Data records
****
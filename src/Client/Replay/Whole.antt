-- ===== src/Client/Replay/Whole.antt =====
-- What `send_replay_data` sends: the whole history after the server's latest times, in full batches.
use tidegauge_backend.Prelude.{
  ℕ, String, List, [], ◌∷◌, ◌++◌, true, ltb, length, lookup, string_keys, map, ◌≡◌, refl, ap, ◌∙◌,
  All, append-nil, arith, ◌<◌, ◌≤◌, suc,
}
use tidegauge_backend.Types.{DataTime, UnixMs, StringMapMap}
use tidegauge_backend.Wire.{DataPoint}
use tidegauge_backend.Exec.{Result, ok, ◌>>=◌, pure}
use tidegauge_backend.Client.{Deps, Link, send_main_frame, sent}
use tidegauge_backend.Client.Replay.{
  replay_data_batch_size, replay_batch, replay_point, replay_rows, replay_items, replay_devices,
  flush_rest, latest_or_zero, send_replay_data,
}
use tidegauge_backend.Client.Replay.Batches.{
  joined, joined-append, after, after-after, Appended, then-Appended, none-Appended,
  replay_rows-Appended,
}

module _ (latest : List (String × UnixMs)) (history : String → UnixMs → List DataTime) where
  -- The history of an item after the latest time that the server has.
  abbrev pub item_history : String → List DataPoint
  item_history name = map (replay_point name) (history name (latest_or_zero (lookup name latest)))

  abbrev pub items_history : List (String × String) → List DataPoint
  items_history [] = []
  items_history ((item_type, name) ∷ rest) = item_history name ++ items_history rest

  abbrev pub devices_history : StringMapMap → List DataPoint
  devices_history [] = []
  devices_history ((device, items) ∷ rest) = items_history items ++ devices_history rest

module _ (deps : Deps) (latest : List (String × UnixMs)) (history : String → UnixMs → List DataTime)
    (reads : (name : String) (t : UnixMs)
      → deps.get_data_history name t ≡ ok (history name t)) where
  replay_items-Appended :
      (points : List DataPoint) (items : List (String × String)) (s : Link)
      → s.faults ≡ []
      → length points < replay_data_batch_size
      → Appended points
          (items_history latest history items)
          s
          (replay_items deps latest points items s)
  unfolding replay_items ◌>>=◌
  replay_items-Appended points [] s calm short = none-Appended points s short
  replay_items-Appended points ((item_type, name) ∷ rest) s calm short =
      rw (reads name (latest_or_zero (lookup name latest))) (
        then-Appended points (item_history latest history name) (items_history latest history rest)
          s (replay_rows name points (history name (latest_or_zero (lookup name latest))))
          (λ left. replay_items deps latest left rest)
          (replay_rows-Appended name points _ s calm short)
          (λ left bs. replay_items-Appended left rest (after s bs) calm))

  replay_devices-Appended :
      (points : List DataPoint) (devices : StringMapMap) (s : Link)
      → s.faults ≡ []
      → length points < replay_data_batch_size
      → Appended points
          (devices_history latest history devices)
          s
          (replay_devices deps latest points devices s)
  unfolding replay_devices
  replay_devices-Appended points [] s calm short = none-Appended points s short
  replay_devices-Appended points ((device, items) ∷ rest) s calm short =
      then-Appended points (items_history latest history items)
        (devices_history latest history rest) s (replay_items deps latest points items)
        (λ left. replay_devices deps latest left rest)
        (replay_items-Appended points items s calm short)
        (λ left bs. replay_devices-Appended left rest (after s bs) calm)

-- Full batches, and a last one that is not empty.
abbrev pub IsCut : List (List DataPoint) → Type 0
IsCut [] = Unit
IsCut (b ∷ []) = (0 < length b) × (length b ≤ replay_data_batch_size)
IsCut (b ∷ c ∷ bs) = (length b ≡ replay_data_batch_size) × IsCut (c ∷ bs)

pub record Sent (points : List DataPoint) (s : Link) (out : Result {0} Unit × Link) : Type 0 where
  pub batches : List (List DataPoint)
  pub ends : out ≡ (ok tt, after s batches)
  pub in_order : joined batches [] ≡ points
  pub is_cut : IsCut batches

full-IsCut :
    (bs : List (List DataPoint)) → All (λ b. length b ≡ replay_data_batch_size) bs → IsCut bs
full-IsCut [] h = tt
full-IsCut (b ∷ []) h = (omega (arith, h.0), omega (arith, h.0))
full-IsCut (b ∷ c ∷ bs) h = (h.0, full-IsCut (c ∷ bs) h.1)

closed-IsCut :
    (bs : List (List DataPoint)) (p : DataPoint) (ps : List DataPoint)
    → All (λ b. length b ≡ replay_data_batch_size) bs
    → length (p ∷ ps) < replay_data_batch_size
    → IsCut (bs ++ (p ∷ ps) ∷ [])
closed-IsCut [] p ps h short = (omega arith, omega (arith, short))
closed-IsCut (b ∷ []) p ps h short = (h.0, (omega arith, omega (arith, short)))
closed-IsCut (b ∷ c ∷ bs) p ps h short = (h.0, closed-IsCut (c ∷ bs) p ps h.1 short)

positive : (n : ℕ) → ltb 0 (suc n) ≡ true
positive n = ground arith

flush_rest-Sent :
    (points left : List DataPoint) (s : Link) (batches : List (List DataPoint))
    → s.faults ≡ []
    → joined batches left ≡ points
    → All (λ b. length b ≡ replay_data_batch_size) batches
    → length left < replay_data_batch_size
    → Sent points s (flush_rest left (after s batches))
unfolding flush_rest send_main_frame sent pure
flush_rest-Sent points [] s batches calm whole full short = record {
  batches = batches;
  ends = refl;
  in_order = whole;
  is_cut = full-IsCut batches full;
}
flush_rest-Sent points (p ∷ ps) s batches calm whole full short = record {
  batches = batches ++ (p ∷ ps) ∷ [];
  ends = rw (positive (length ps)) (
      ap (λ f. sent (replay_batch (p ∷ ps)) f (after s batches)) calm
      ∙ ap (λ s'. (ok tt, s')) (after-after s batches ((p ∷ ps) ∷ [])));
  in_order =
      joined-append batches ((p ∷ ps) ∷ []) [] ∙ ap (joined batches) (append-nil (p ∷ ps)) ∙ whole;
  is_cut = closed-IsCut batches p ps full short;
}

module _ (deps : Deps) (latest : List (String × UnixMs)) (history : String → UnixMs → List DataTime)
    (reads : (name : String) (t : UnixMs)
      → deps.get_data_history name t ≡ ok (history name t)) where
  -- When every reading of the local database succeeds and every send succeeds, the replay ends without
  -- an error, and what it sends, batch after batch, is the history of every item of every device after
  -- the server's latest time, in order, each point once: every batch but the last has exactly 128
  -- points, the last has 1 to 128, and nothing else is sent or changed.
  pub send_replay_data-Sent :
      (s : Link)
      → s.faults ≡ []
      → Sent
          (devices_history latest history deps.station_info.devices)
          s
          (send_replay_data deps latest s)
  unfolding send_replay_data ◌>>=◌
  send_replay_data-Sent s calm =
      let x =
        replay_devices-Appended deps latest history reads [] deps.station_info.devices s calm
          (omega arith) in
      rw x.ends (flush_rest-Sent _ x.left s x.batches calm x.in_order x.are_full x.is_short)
****
> [Exercise description]: The data above should be copied out with complete accuracy.

> [Reply to the task]:
filename src/Client/Replay/Whole.antt
-- ===== src/Client/Replay/Whole.antt =====
-- What `send_replay_data` sends: the whole history after the server's latest times, in full batches.
use tidegauge_backend.Prelude.{
  ℕ, String, List, [], ◌∷◌, ◌++◌, true, ltb, length, lookup, string_keys, map, ◌≡◌, refl, ap, ◌∙◌,
  All, append-nil, arith, ◌<◌, ◌≤◌, suc,
}
use tidegauge_backend.Types.{DataTime, UnixMs, StringMapMap}
use tidegauge_backend.Wire.{DataPoint}
use tidegauge_backend.Exec.{Result, ok, ◌>>=◌, pure}
use tidegauge_backend.Client.{Deps, Link, send_main_frame, sent}
use tidegauge_backend.Client.Replay.{
  replay_data_batch_size, replay_batch, replay_point, replay_rows, replay_items, replay_devices,
  flush_rest, latest_or_zero, send_replay_data,
}
use tidegauge_backend.Client.Replay.Batches.{
  joined, joined-append, after, after-after, Appended, then-Appended, none-Appended,
  replay_rows-Appended,
}

module _ (latest : List (String × UnixMs)) (history : String → UnixMs → List DataTime) where
  -- The history of an item after the latest time that the server has.
  abbrev pub item_history : String → List DataPoint
  item_history name = map (replay_point name) (history name (latest_or_zero (lookup name latest)))

  abbrev pub items_history : List (String × String) → List DataPoint
  items_history [] = []
  items_history ((item_type, name) ∷ rest) = item_history name ++ items_history rest

  abbrev pub devices_history : StringMapMap → List DataPoint
  devices_history [] = []
  devices_history ((device, items) ∷ rest) = items_history items ++ devices_history rest

module _ (deps : Deps) (latest : List (String × UnixMs)) (history : String → UnixMs → List DataTime)
    (reads : (name : String) (t : UnixMs)
      → deps.get_data_history name t ≡ ok (history name t)) where
  replay_items-Appended :
      (points : List DataPoint) (items : List (String × String)) (s : Link)
      → s.faults ≡ []
      → length points < replay_data_batch_size
      → Appended points
          (items_history latest history items)
          s
          (replay_items deps latest points items s)
  unfolding replay_items ◌>>=◌
  replay_items-Appended points [] s calm short = none-Appended points s short
  replay_items-Appended points ((item_type, name) ∷ rest) s calm short =
      rw (reads name (latest_or_zero (lookup name latest))) (
        then-Appended points (item_history latest history name) (items_history latest history rest)
          s (replay_rows name points (history name (latest_or_zero (lookup name latest))))
          (λ left. replay_items deps latest left rest)
          (replay_rows-Appended name points _ s calm short)
          (λ left bs. replay_items-Appended left rest (after s bs) calm))

  replay_devices-Appended :
      (points : List DataPoint) (devices : StringMapMap) (s : Link)
      → s.faults ≡ []
      → length points < replay_data_batch_size
      → Appended points
          (devices_history latest history devices)
          s
          (replay_devices deps latest points devices s)
  unfolding replay_devices
  replay_devices-Appended points [] s calm short = none-Appended points s short
  replay_devices-Appended points ((device, items) ∷ rest) s calm short =
      then-Appended points (items_history latest history items)
        (devices_history latest history rest) s (replay_items deps latest points items)
        (λ left. replay_devices deps latest left rest)
        (replay_items-Appended points items s calm short)
        (λ left bs. replay_devices-Appended left rest (after s bs) calm)

-- Full batches, and a last one that is not empty.
abbrev pub IsCut : List (List DataPoint) → Type 0
IsCut [] = Unit
IsCut (b ∷ []) = (0 < length b) × (length b ≤ replay_data_batch_size)
IsCut (b ∷ c ∷ bs) = (length b ≡ replay_data_batch_size) × IsCut (c ∷ bs)

pub record Sent (points : List DataPoint) (s : Link) (out : Result {0} Unit × Link) : Type 0 where
  pub batches : List (List DataPoint)
  pub ends : out ≡ (ok tt, after s batches)
  pub in_order : joined batches [] ≡ points
  pub is_cut : IsCut batches

full-IsCut :
    (bs : List (List DataPoint)) → All (λ b. length b ≡ replay_data_batch_size) bs → IsCut bs
full-IsCut [] h = tt
full-IsCut (b ∷ []) h = (omega (arith, h.0), omega (arith, h.0))
full-IsCut (b ∷ c ∷ bs) h = (h.0, full-IsCut (c ∷ bs) h.1)

closed-IsCut :
    (bs : List (List DataPoint)) (p : DataPoint) (ps : List DataPoint)
    → All (λ b. length b ≡ replay_data_batch_size) bs
    → length (p ∷ ps) < replay_data_batch_size
    → IsCut (bs ++ (p ∷ ps) ∷ [])
closed-IsCut [] p ps h short = (omega arith, omega (arith, short))
closed-IsCut (b ∷ []) p ps h short = (h.0, (omega arith, omega (arith, short)))
closed-IsCut (b ∷ c ∷ bs) p ps h short = (h.0, closed-IsCut (c ∷ bs) p ps h.1 short)

positive : (n : ℕ) → ltb 0 (suc n) ≡ true
positive n = ground arith

flush_rest-Sent :
    (points left : List DataPoint) (s : Link) (batches : List (List DataPoint))
    → s.faults ≡ []
    → joined batches left ≡ points
    → All (λ b. length b ≡ replay_data_batch_size) batches
    → length left < replay_data_batch_size
    → Sent points s (flush_rest left (after s batches))
unfolding flush_rest send_main_frame sent pure
flush_rest-Sent points [] s batches calm whole full short = record {
  batches = batches;
  ends = refl;
  in_order = whole;
  is_cut = full-IsCut batches full;
}
flush_rest-Sent points (p ∷ ps) s batches calm whole full short = record {
  batches = batches ++ (p ∷ ps) ∷ [];
  ends = rw (positive (length ps)) (
      ap (λ f. sent (replay_batch (p ∷ ps)) f (after s batches)) calm
      ∙ ap (λ s'. (ok tt, s')) (after-after s batches ((p ∷ ps) ∷ [])));
  in_order =
      joined-append batches ((p ∷ ps) ∷ []) [] ∙ ap (joined batches) (append-nil (p ∷ ps)) ∙ whole;
  is_cut = closed-IsCut batches p ps full short;
}

module _ (deps : Deps) (latest : List (String × UnixMs)) (history : String → UnixMs → List DataTime)
    (reads : (name : String) (t : UnixMs)
      → deps.get_data_history name t ≡ ok (history name t)) where
  -- When every reading of the local database succeeds and every send succeeds, the replay ends without
  -- an error, and what it sends, batch after batch, is the history of every item of every device after
  -- the server's latest time, in order, each point once: every batch but the last has exactly 128
  -- points, the last has 1 to 128, and nothing else is sent or changed.
  pub send_replay_data-Sent :
      (s : Link)
      → s.faults ≡ []
      → Sent
          (devices_history latest history deps.station_info.devices)
          s
          (send_replay_data deps latest s)
  unfolding send_replay_data ◌>>=◌
  send_replay_data-Sent s calm =
      let x =
        replay_devices-Appended deps latest history reads [] deps.station_info.devices s calm
          (omega arith) in
      rw x.ends (flush_rest-Sent _ x.left s x.batches calm x.in_order x.are_full x.is_short)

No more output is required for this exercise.